* DIRECTIONS
Lines below starting with the line with "ap (λ k. mb_get_u32 (reader whole k)) (sym lens.0)" and going on through the line with "ap (λ k. c_string" must be output exactly; the rest of the records must be left out.

* Saved entries

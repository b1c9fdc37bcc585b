-- ===== src/Reliable/Format.antt =====
-- our-course/labs/lab10-distributed/solutions/reliable.c: a packet is read back as it was packed.
use ia_operating_systems.Base.{
  ℕ, zero, suc, ◌+◌, ◌-◌, ◌^◌, ◌≤◌, ◌<◌, ◌≡◌, ◌==◌, ltb, leb, if◌then◌else◌, [], ◌∷◌, arith, refl,
  ap, ap₂, sym, ◌∙◌, subst,
}
use ia_operating_systems.Msg.{Mbuf, mb_winit, mb_put_u32, copied, mb_get_u32, mb_get_bytes}
use ia_operating_systems.Msg.Bounds.{
  IsMbuf, Appends, rroom_lem, mb_put_u32_lem, mb_put_u32-Appends, mb_put_bytes_lem,
}
use ia_operating_systems.Msg.RoundTrip.{reader, Extends, mb_get_u32-mb_put_u32}
use ia_operating_systems.Reliable.Packet.{max_packet, rel_magic, put_head, packed, pack, head}
use ia_operating_systems.Reliable.Server.{c_string, payload_of}

u32_len : (m : Mbuf) (v : ℕ) → IsMbuf m → m.len + 4 ≤ m.cap → (mb_put_u32 m v).len ≡ m.len + 4
u32_len m v h room = ap (λ k. k.len) (mb_put_u32_lem m v h) ∙ ground arith

copied_at :
    (to : ℕ → ℕ) (from : ℕ) (b : ℕ → ℕ) (n i : ℕ) → i < n → copied to from b n (from + i) ≡ b i
unfolding copied
copied_at to from b n i lt = inside ∙ ap b (omega arith)
  where
    inside : copied to from b n (from + i) ≡ b (from + i - from)
    inside = ground arith

c_string-same :
    (b c : ℕ → ℕ) (i n : ℕ)
    → ((k : ℕ) → i ≤ k → k < i + n → b k ≡ c k)
    → c_string b i n ≡ c_string c i n
unfolding c_string
c_string-same b c i zero f = refl
c_string-same b c i (suc n) f =
    ap₂ (λ x rest. if x == 0 then [] else x ∷ rest) (f i (omega arith) (omega arith))
      (c_string-same b c (suc i) n (λ k le lt. f k (omega arith) (omega arith)))

module _ (storage : ℕ → ℕ) (type seq : ℕ) where
  abbrev m0 : Mbuf
  m0 = mb_winit storage max_packet

  abbrev m1 : Mbuf
  m1 = mb_put_u32 m0 rel_magic

  abbrev m2 : Mbuf
  m2 = mb_put_u32 m1 type

  abbrev m3 : Mbuf
  m3 = mb_put_u32 m2 seq

  ok0 : IsMbuf m0
  ok0 = record { read_part = omega arith; fits = omega arith; size = omega arith }

  first : Appends m0 m1 4
  first = mb_put_u32-Appends m0 rel_magic ok0

  second : Appends m1 m2 4
  second = mb_put_u32-Appends m1 type first.ok

  third : Appends m2 m3 4
  third = mb_put_u32-Appends m2 seq second.ok

  caps : (m1.cap ≡ 1400) × (m2.cap ≡ 1400) × (m3.cap ≡ 1400)
  caps = (
    first.same_storage.0,
    second.same_storage.0 ∙ first.same_storage.0,
    third.same_storage.0 ∙ second.same_storage.0 ∙ first.same_storage.0,
  )

  lens : (m1.len ≡ 4) × (m2.len ≡ 8) × (m3.len ≡ 12)
  lens =
      let a : m1.len ≡ 4 = u32_len m0 rel_magic ok0 (omega arith) in
      let b : m2.len ≡ 8 = u32_len m1 type first.ok (omega (arith, a, caps)) ∙ omega (arith, a) in
      (a, b, u32_len m2 seq second.ok (omega (arith, b, caps)) ∙ omega (arith, b))

  -- The finished packet begins with the three numbers.
  module _ (payload : ℕ → ℕ) (plen : ℕ) (short : plen + 12 ≤ max_packet) where
    abbrev whole : Mbuf
    whole = packed storage type seq payload plen

    written : whole ≡ (
        if ltb 0 plen
        then record m3 { p = copied m3.p m3.len payload plen; len = m3.len + plen }
        else m3)
    unfolding packed put_head
    written =
        ap (λ m. if ltb 0 plen then m else m3)
          (mb_put_bytes_lem m3 payload plen third.ok (omega arith) ∙ ground (arith, caps, lens))

    whole_len : whole.len ≡ 12 + plen
    whole_len = ap (λ m. m.len) written ∙ ground (arith, lens)

    kept : (i : ℕ) → i < m3.len → whole.p i ≡ m3.p i
    unfolding copied
    kept i lt = ap (λ m. m.p i) written ∙ ground arith

    pub carried : (i : ℕ) → i < plen → whole.p (12 + i) ≡ payload i
    unfolding copied
    carried i lt =
        ap (λ m. m.p (12 + i)) written
        ∙ step (omega arith)
        ∙ subst (λ k. copied m3.p k payload plen (12 + i) ≡ payload i) (sym lens.2)
            (copied_at m3.p 12 payload plen i lt)
      where
        step :
            0 < plen
            → (if ltb 0 plen
                  then record m3 { p = copied m3.p m3.len payload plen; len = m3.len + plen }
                  else m3).p
                (12 + i)
              ≡ copied m3.p m3.len payload plen (12 + i)
        step pos = ground arith

    whole-Extends :
        (m : Mbuf) → m.len ≤ m3.len → ((i : ℕ) → i < m.len → m3.p i ≡ m.p i) → Extends m whole
    whole-Extends m le same = record {
      kept = λ i lt. kept i (omega arith) ∙ same i lt;
      longer = omega (arith, whole_len, lens);
      size = omega (arith, whole_len);
    }

    -- A packet that was packed is read back: its three numbers, and its payload after them.
    pub head-pack :
        type < 2 ^ 32
        → seq < 2 ^ 32
        → head (pack storage type seq payload plen)
          ≡ record { magic = rel_magic; type = type; seq = seq; rest = reader whole 12 }
    unfolding head
    head-pack t q =
        let a : mb_get_u32 (reader whole 0) ≡ (rel_magic, reader whole 4) =
          mb_get_u32-mb_put_u32 {final = whole} m0 rel_magic ok0 (omega arith) (omega arith) (
            whole-Extends m1 (omega (arith, lens))
              (λ i lt. third.kept i (omega (arith, lens)) ∙ second.kept i lt)) in
        let b : mb_get_u32 (reader whole 4) ≡ (type, reader whole 8) =
          ap (λ k. mb_get_u32 (reader whole k)) (sym lens.0)
          ∙ mb_get_u32-mb_put_u32 {final = whole} m1 type first.ok (omega (arith, lens, caps)) t
              (whole-Extends m2 (omega (arith, lens)) (λ i lt. third.kept i lt))
          ∙ ap (λ k. (type, reader whole k)) (omega (arith, lens)) in
        let c : mb_get_u32 (reader whole 8) ≡ (seq, reader whole 12) =
          ap (λ k. mb_get_u32 (reader whole k)) (sym lens.1)
          ∙ mb_get_u32-mb_put_u32 {final = whole} m2 seq second.ok (omega (arith, lens, caps)) q
              (whole-Extends m3 (omega arith) (λ i lt. refl))
          ∙ ap (λ k. (seq, reader whole k)) (omega (arith, lens)) in
        rw (a, b, c) refl

    pub size-pack : (pack storage type seq payload plen).size ≡ 12 + plen
    size-pack = whole_len

    got_bytes :
        (local : ℕ → ℕ) (i : ℕ)
        → i < plen
        → (mb_get_bytes (reader whole 12) local plen).0 i ≡ payload i
    unfolding mb_get_bytes copied
    got_bytes local i lt =
        rw
          (rroom_lem (reader whole 12) plen
            (record {
              read_part = omega (arith, whole_len);
              fits = omega arith;
              size = omega (arith, whole_len);
            })
            (omega arith))
          (ground (arith, whole_len, carried i lt))

    printed :
        (local : ℕ → ℕ)
        → payload_of local
            (record { magic = rel_magic; type = type; seq = seq; rest = reader whole 12 })
          ≡ c_string payload 0 plen
    unfolding payload_of
    printed local =
        let remain : whole.len - 12 ≡ plen = omega (arith, whole_len) in
        let size : (if leb max_packet (whole.len - 12) then max_packet - 1 else whole.len - 12)
            ≡ plen =
          ground (arith, remain) in
        ap (λ k. c_string (mb_get_bytes (reader whole 12) local k).0 0 k) size
        ∙ c_string-same _ payload 0 plen (λ k le lt. got_bytes local k (omega arith))

    -- The payload that the server prints is the string in the payload that was packed.
    pub payload_of-pack :
        (local : ℕ → ℕ)
        → type < 2 ^ 32
        → seq < 2 ^ 32
        → payload_of local (head (pack storage type seq payload plen)) ≡ c_string payload 0 plen
    payload_of-pack local t q = ap (payload_of local) (head-pack t q) ∙ printed local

* OUTPUT BELOW
          ap (λ k. mb_get_u32 (reader whole k)) (sym lens.0)
          ∙ mb_get_u32-mb_put_u32 {final = whole} m1 type first.ok (omega (arith, lens, caps)) t
              (whole-Extends m2 (omega (arith, lens)) (λ i lt. third.kept i lt))
          ∙ ap (λ k. (type, reader whole k)) (omega (arith, lens)) in
        let c : mb_get_u32 (reader whole 8) ≡ (seq, reader whole 12) =
          ap (λ k. mb_get_u32 (reader whole k)) (sym lens.1)
          ∙ mb_get_u32-mb_put_u32 {final = whole} m2 seq second.ok (omega (arith, lens, caps)) q
              (whole-Extends m3 (omega arith) (λ i lt. refl))
          ∙ ap (λ k. (seq, reader whole k)) (omega (arith, lens)) in
        rw (a, b, c) refl

    pub size-pack : (pack storage type seq payload plen).size ≡ 12 + plen
    size-pack = whole_len

    got_bytes :
        (local : ℕ → ℕ) (i : ℕ)
        → i < plen
        → (mb_get_bytes (reader whole 12) local plen).0 i ≡ payload i
    unfolding mb_get_bytes copied
    got_bytes local i lt =
        rw
          (rroom_lem (reader whole 12) plen
            (record {
              read_part = omega (arith, whole_len);
              fits = omega arith;
              size = omega (arith, whole_len);
            })
            (omega arith))
          (ground (arith, whole_len, carried i lt))

    printed :
        (local : ℕ → ℕ)
        → payload_of local
            (record { magic = rel_magic; type = type; seq = seq; rest = reader whole 12 })
          ≡ c_string payload 0 plen
    unfolding payload_of
    printed local =
        let remain : whole.len - 12 ≡ plen = omega (arith, whole_len) in
        let size : (if leb max_packet (whole.len - 12) then max_packet - 1 else whole.len - 12)
            ≡ plen =
          ground (arith, remain) in
        ap (λ k. c_string (mb_get_bytes (reader whole 12) local k).0 0 k) size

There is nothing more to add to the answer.